Hi, Just trying to educate myself on some bit lingo. Can you tell or show me what you mean by "curb cheeks"... I use straight mouth pieces on my horses, but my trainer has recently started chatting bits with me, she is thinking about changing up what we are using, but we have not done any bit shopping as yet. She mentioned a butterfly. there are soooo many and so many different styles. I guess I am just looking for a photo of some sorts for education as to what experienced driving folks like best. I know in my tack pile I have two donated bits .. I think one is a liverpool and the other is a butterfly just by what they look like. The butterfly has a curb chain hanging but the side pieces are fixed and do not swivel. The one I think is a liverpool has side pieces that do not swivel and have a nut holding on the mouthpiece to the cheek piece... sorry, newbie descriptions here. Currently my boy works in a straight mouthpiece, with half cheeks? He does have a decent halt and stand so far with this bit, but once in a blue moon he can get a little strong to hold. We only do trail driving. On the little strong.. he just gets a bit frisky and happy and sometimes trys to pick the pace he chooses on trails he is familiar with. Half halts do bring him down nicely and he does stop and stand when I ask. My trainer is just thinking about different bit choices, but hasn't asked me to shop for a new one.

Anyway... just fishing for more bit education from the mini driving folks on my own so when she chats bits with me, I have a visual in my brain as to what others are using and think. I can be a bit of a "bit collector". thanks in advance...

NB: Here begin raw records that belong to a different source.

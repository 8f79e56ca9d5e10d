-- ===== src/Machine.antt =====
-- The C machine that both translation units run on: addresses, 64-bit words, and commands that
-- read and write a state and may fault, block on a mutex, or run out of the model's fuel.
pub mod Returns
pub mod Outcome
use dv1580_a.Prelude.{
  ℕ, ◌+◌, ◌-◌, ◌%◌, ◌^◌, ◌≡◌, ◌≢◌, refl, ap, Option, some, none, ◌==◌, if◌then◌else◌,
}

-- An address, or NULL.
abbrev pub Ptr : Type 0
Ptr = ℕ

abbrev pub null : Ptr
null = 0

-- `size_t` and pointer arithmetic, 64 bits wide.
abbrev pub add_word : ℕ → ℕ → ℕ
add_word a b = (a + b) % 2 ^ 64

abbrev pub sub_word : ℕ → ℕ → ℕ
sub_word a b = (a + 2 ^ 64 - b) % 2 ^ 64

-- A store of objects of one type, by address: `none` where no such object is allocated.
abbrev pub Store : Type 0 → Type 0
Store T = Ptr → Option T

unfoldable pub write {ℓ} : {T : Type ℓ} → (Ptr → T) → Ptr → T → Ptr → T
write h p c a = if a == p then c else h a

-- What a command comes to. `fault` is undefined behaviour, such as a read through NULL; `blocked`
-- is a thread that waits for a mutex for ever, and `exited` is a call of `exit`.
pub data Run (S A : Type 0) : Type 0 where
  ok : A → S → Run S A
  fault : Run S A
  blocked : Run S A
  out_of_fuel : Run S A
  exited : ℕ → Run S A

abbrev pub Cmd : Type 0 → Type 0 → Type 0
Cmd S A = S → Run S A

abbrev pub pure : {S A : Type 0} → A → Cmd S A
pure = ok

module _ {S A B : Type 0} where
  abbrev pub and_then : Run S A → (A → Cmd S B) → Run S B
  and_then (ok a s) k = k a s
  and_then fault k = fault
  and_then blocked k = blocked
  and_then out_of_fuel k = out_of_fuel
  and_then (exited c) k = exited c

  infixl 5 ◌>>=◌ ◌>>◌
  abbrev pub ◌>>=◌ : Cmd S A → (A → Cmd S B) → Cmd S B
  m >>= k = λ s. and_then (m s) k

  abbrev pub ◌>>◌ : Cmd S A → Cmd S B → Cmd S B
  m >> n = m >>= λ _. n

module _ {S A B : Type 0} where
  pub and_then-ap :
      (r : Run S A) {f g : A → Cmd S B}
      → ((a : A) (s : S) → f a s ≡ g a s)
      → and_then r f ≡ and_then r g
  and_then-ap r h = ap (and_then r) (λ i a s. h a s i)

  pub and_then_assoc :
      {C : Type 0} (r : Run S A) (f : A → Cmd S B) (g : B → Cmd S C)
      → and_then (and_then r f) g ≡ and_then r (λ a s. and_then (f a s) g)
  and_then_assoc (ok a s) f g = refl
  and_then_assoc fault f g = refl
  and_then_assoc blocked f g = refl
  and_then_assoc out_of_fuel f g = refl
  and_then_assoc (exited c) f g = refl

-- What the program uses of the platform. `block_address` and `raw_address` are the addresses that
-- `malloc` returns for a block header and for a pool of the given size, NULL on failure; a
-- `pthread_mutex_t` is an opaque number, and `lock` returns nothing where the caller would wait.
pub record Platform (B : Type 0) : Type 0 where
  pub block_address : Store B → Ptr
  pub raw_address : Store ℕ → ℕ → Ptr
  pub initializer : ℕ
  pub held : ℕ
  pub lock : ℕ → Option ℕ
  pub unlock : ℕ → ℕ

-- The documented behaviour of these: `malloc` returns no live address, and a mutex that is not
-- held can be locked, one that is held cannot, and unlocking a held one frees it.
pub record IsPlatform {B : Type 0} (os : Platform B) : Type 0 where
  pub block_unused : (h : Store B) → os.block_address h ≢ null → h (os.block_address h) ≡ none
  pub raw_unused : (h : Store ℕ) (n : ℕ) → os.raw_address h n ≢ null → h (os.raw_address h n) ≡ none
  pub lock_free : os.lock os.initializer ≡ some os.held
  pub lock_held : os.lock os.held ≡ none
  pub unlock_held : os.unlock os.held ≡ os.initializer
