-- ===== src/Barrier.antt =====
-- The barrier of common_defs.h, for threads that call `my_barrier_wait` again and again,
-- interleaved in any order.
pub mod Tally
pub mod Invariant
pub mod Safety
pub mod Progress
pub mod Destroy
mod Tests
use dv1580_a.Prelude.{ℕ, ◌+◌, ◌<◌, ◌≡◌, Bool, true, false, Option, none, some, ◌==◌, if◌then◌else◌}
use dv1580_a.Machine.{write}

-- `my_barrier_t`: who holds the mutex, and the two counters. Who waits for the condition is known
-- from the threads.
pub record Barrier : Type 0 where
  pub mutex : Option ℕ
  pub count : ℕ
  pub num_threads : ℕ

-- Where a thread stands in `my_barrier_wait`: outside of it, with the mutex before `count++`, in
-- `pthread_cond_wait`, woken and without the mutex, or before the unlock.
pub data Pc : Type 0 where
  outside : Pc
  inside : Pc
  waiting : Pc
  woken : Pc
  leaving : Pc

-- With the number of calls that have passed `count++`, and of calls that have returned.
pub record Thread : Type 0 where
  pub pc : Pc
  pub arrivals : ℕ
  pub returns : ℕ

pub record System : Type 0 where
  pub barrier : Barrier
  pub threads : ℕ → Thread

-- The results of `pthread_mutex_init` and of `pthread_cond_init` are given; the second call is made
-- only if the first succeeds.
abbrev pub my_barrier_init : (mutex_result cond_result num_threads : ℕ) → Barrier × ℕ
my_barrier_init mutex_result cond_result num_threads =
    let barrier : Barrier = record { mutex = none; count = 0; num_threads = num_threads } in
    if mutex_result == 0
    then (if cond_result == 0 then (barrier, 0) else (barrier, cond_result))
    else (barrier, mutex_result)

-- What `my_barrier_wait` does to the counter, and whether the thread is the last to arrive.
pub arrive : Barrier → Barrier × Bool
arrive b =
    if b.count + 1 == b.num_threads
    then (record b { count = 0 }, true)
    else (record b { count = b.count + 1 }, false)

-- `pthread_cond_broadcast`
abbrev pub wake : Pc → Pc
wake waiting = woken
wake p = p

abbrev pub broadcast : (ℕ → Thread) → ℕ → Thread
broadcast f i = record (f i) { pc = wake (f i).pc }

abbrev pub at : Thread → Pc → Thread
at t p = record t { pc = p }

abbrev pub arrived : Thread → Pc → Thread
arrived t p = record t { pc = p; arrivals = t.arrivals + 1 }

abbrev pub with_mutex : Barrier → Option ℕ → Barrier
with_mutex b m = record b { mutex = m }

-- One step of thread `i`, of `n` threads. A wait may end without a broadcast, which POSIX allows,
-- if `spurious` is true.
pub data Step (n : ℕ) (spurious : Bool) (s : System) : System → Type 0 where
  lock :
      (i : ℕ)
      → i < n
      → (s.threads i).pc ≡ outside
      → s.barrier.mutex ≡ none
      → Step n spurious s (record {
        barrier = with_mutex s.barrier (some i);
        threads = write s.threads i (at (s.threads i) inside);
      })
  last :
      (i : ℕ)
      → i < n
      → (s.threads i).pc ≡ inside
      → (arrive s.barrier).1 ≡ true
      → Step n spurious s (record {
        barrier = (arrive s.barrier).0;
        threads = write (broadcast s.threads) i (arrived (s.threads i) leaving);
      })
  wait :
      (i : ℕ)
      → i < n
      → (s.threads i).pc ≡ inside
      → (arrive s.barrier).1 ≡ false
      → Step n spurious s (record {
        barrier = with_mutex (arrive s.barrier).0 none;
        threads = write s.threads i (arrived (s.threads i) waiting);
      })
  wake_up :
      (i : ℕ)
      → i < n
      → (s.threads i).pc ≡ waiting
      → spurious ≡ true
      → Step n spurious s (record s { threads = write s.threads i (at (s.threads i) woken) })
  relock :
      (i : ℕ)
      → i < n
      → (s.threads i).pc ≡ woken
      → s.barrier.mutex ≡ none
      → Step n spurious s (record {
        barrier = with_mutex s.barrier (some i);
        threads = write s.threads i (at (s.threads i) leaving);
      })
  unlock :
      (i : ℕ)
      → i < n
      → (s.threads i).pc ≡ leaving
      → Step n spurious s (record {
        barrier = with_mutex s.barrier none;
        threads =
            write s.threads i
              (record (s.threads i) { pc = outside; returns = (s.threads i).returns + 1 });
      })

abbrev pub idle : Thread
idle = record { pc = outside; arrivals = 0; returns = 0 }

-- After a successful `my_barrier_init`, with no thread inside.
abbrev pub start_of : ℕ → System
start_of num_threads = record { barrier = (my_barrier_init 0 0 num_threads).0; threads = λ i. idle }

pub data Reach (n : ℕ) (spurious : Bool) (s : System) : System → Type 0 where
  here : Reach n spurious s s
  next : {t u : System} → Reach n spurious s t → Step n spurious t u → Reach n spurious s u
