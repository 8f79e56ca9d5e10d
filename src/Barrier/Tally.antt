-- ===== src/Barrier/Tally.antt =====
-- How many of the first `n` threads wait.
use dv1580_a.Prelude.{ℕ, zero, suc, ◌+◌, ◌<◌, ◌≤◌, ◌≡◌, ◌⊎◌, refl, arith, false, inl, inr, ◌==◌}
use native.Mathlib.Decide.{dec_lt}
use dv1580_a.Machine.{write}
use dv1580_a.Barrier.{Pc, outside, inside, waiting, woken, leaving, Thread}

abbrev pub waits : Pc → ℕ
waits waiting = 1
waits _ = 0

pub tally : ℕ → (ℕ → Thread) → ℕ
tally zero f = 0
tally (suc n) f = tally n f + waits (f n).pc

tally-write_of_le :
    (n : ℕ) (f : ℕ → Thread) (i : ℕ) (t : Thread) → n ≤ i → tally n (write f i t) ≡ tally n f
unfolding tally write
tally-write_of_le zero f i t le = refl
tally-write_of_le (suc n) f i t le = ground (arith, tally-write_of_le n f i t)

pub tally-write :
    (n : ℕ) (f : ℕ → Thread) (i : ℕ) (t : Thread)
    → i < n
    → tally n (write f i t) + waits (f i).pc ≡ tally n f + waits t.pc
unfolding tally write
tally-write zero f i t lt = absurd (omega arith)
tally-write (suc n) f i t lt = elim (dec_lt i n) [
  | yes below ↦ ground (arith, tally-write n f i t below)
  | no last ↦ ground (arith, tally-write_of_le n f i t)
]

tally-le : (n : ℕ) (f : ℕ → Thread) → tally n f ≤ n
unfolding tally
tally-le zero f = omega arith
tally-le (suc n) f = ground (arith, tally-le n f)

-- Where all wait, each does.
tally-full : (n : ℕ) (f : ℕ → Thread) (j : ℕ) → tally n f ≡ n → j < n → waits (f j).pc ≡ 1
unfolding tally
tally-full zero f j full lt = absurd (omega arith)
tally-full (suc n) f j full lt = elim (dec_lt j n) [
  | yes below ↦ tally-full n f j (ground (arith, tally-le n f)) below
  | no last ↦ ground (arith, tally-le n f)
]

pub tally-zero : (n : ℕ) (f : ℕ → Thread) → ((i : ℕ) → waits (f i).pc ≡ 0) → tally n f ≡ 0
unfolding tally
tally-zero zero f none_waits = refl
tally-zero (suc n) f none_waits = omega (arith, tally-zero n f none_waits, none_waits n)

pub tally-outside :
    (n : ℕ) (f : ℕ → Thread) → ((i : ℕ) → i < n → waits (f i).pc ≡ 0) → tally n f ≡ 0
unfolding tally
tally-outside zero f none_waits = refl
tally-outside (suc n) f none_waits =
    let before = tally-outside n f (λ i lt. none_waits i (omega arith)) in
    omega (arith, before, none_waits n (omega arith))

-- Where all but one wait, each other one does.
pub others_wait :
    (n : ℕ) (f : ℕ → Thread) (i j : ℕ)
    → i < n
    → waits (f i).pc ≡ 0
    → tally n f + 1 ≡ n
    → j < n
    → (j == i) ≡ false
    → waits (f j).pc ≡ 1
unfolding write
others_wait n f i j lt not_i all_but lt_j ne =
    let w : Thread = record { pc = waiting; arrivals = 0; returns = 0 } in
    let full : tally n (write f i w) ≡ n = omega (arith, tally-write n f i w lt) in
    ground (arith, tally-full n (write f i w) j full lt_j)

waits_cases : (p : Pc) → (waits p ≡ 0) ⊎ (waits p ≡ 1)
waits_cases waiting = inr refl
waits_cases outside = inl refl
waits_cases inside = inl refl
waits_cases woken = inl refl
waits_cases leaving = inl refl

pub not_all_wait :
    (n : ℕ) (f : ℕ → Thread) → tally n f < n → (i : ℕ) × (i < n) × (waits (f i).pc ≡ 0)
unfolding tally
not_all_wait zero f few = absurd (omega arith)
not_all_wait (suc n) f few = elim (waits_cases (f n).pc) [
  | inl it ↦ (n, omega arith, it)
  | inr waiting_too ↦
      let (i, lt, not_waiting) = not_all_wait n f (omega arith) in (i, omega arith, not_waiting)
]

PS, if it would help, I can probably get somebody to post some photos of what I have for the forum to critique the types.


----------



## Becky Horat (Nov 27, 2011)

Good idea on putting the bit in a closed fist to get an idea what the horse feels.....not sure why I've never thought of that before, duh. I think I will try staying with the butterfly bit and finding a "non-broken" mouth piece to try. I need to start building a selection of Mini and also pony bits in my tackroom so have some to try. You have given me some great ideas & suggestions. Hate to just start buying bits that don't work....although I know what works for one horse, another horse may not like. It's nice to see what others are using. Thank you!!


----------



## MiLo Minis (Nov 27, 2011)

Jane, it isn't the mouthpiece that makes a bit a curb - it is the method of attaching it to the bridle. A curb is hung from a fixed position on the cheek pieces where a snaffle is hung on a ring that can pivot as the reins come into play. There is nothing wrong with using a "snaffle" or broken mouthpiece on a curb as long as you are certain to use a curb chain which you should ALWAYS use with a curb bit of any type as it limits the action of the bit. As the poster's horse already works well in a broken mouthpiece and on a "snaffle" setting (not truly snaffle but less "curby") on a butterfly curb bit I wouldn't jump up to a solid mouthpiece just because she gets strong on occasion. This horse is working itself back into driving condition after being laid off for a period of time. Green and out of condition horses always tend to be strong and push through the bit particularly when stopping because they don't have the muscle in their back end to support the halt. The fact that she is "hopping" into the higher gait and sticking her nose out to balance herself tells me that she is not yet ready to get her haunches under herself to push that cart along and drive on the bit. Going to a more severe bit is not what is needed here but more schooling and exercise to build up her strength. I would suggest that ground driving is not going to help her out here other than to help bring her along in condition. Once you put her in the cart it is always a whole new ballgame because now she is not just moving herself along in self carriage but the weight of a cart that is setting her balance off. Only work in the shafts is really going to help her with this. Each work session, once she is relaxed and going forward well, should include some halts to walk, halt to trot, halt reverse and walk of trot with lots of half halts to help her balance and get her working off her back end (not too many to start or you will make her sore and resentful - gradually build her up). I think that once you get her in physically good driving condition you will find her good whoas come back. Please do your best not to inhibit her too much for the time being and allow her to move out as she is more comfortable at the stronger gait and can keep her balance better (that doesn't mean you have to let her careen out of control



). Once she has built up the muscle to carry herself and push the cart she will be more easily able to carry herself and the weight of the cart at a slower, more controlled gait. The fact that she was a breed ring driving horse has done much to escalate her fall because she has been used to driving with the support of an auxilliary rein. She likely never truly learned self carriage.


----------



## rabbitsfizz (Nov 27, 2011)

I am sorry, Lori, we shall have to agree to disagree on this one.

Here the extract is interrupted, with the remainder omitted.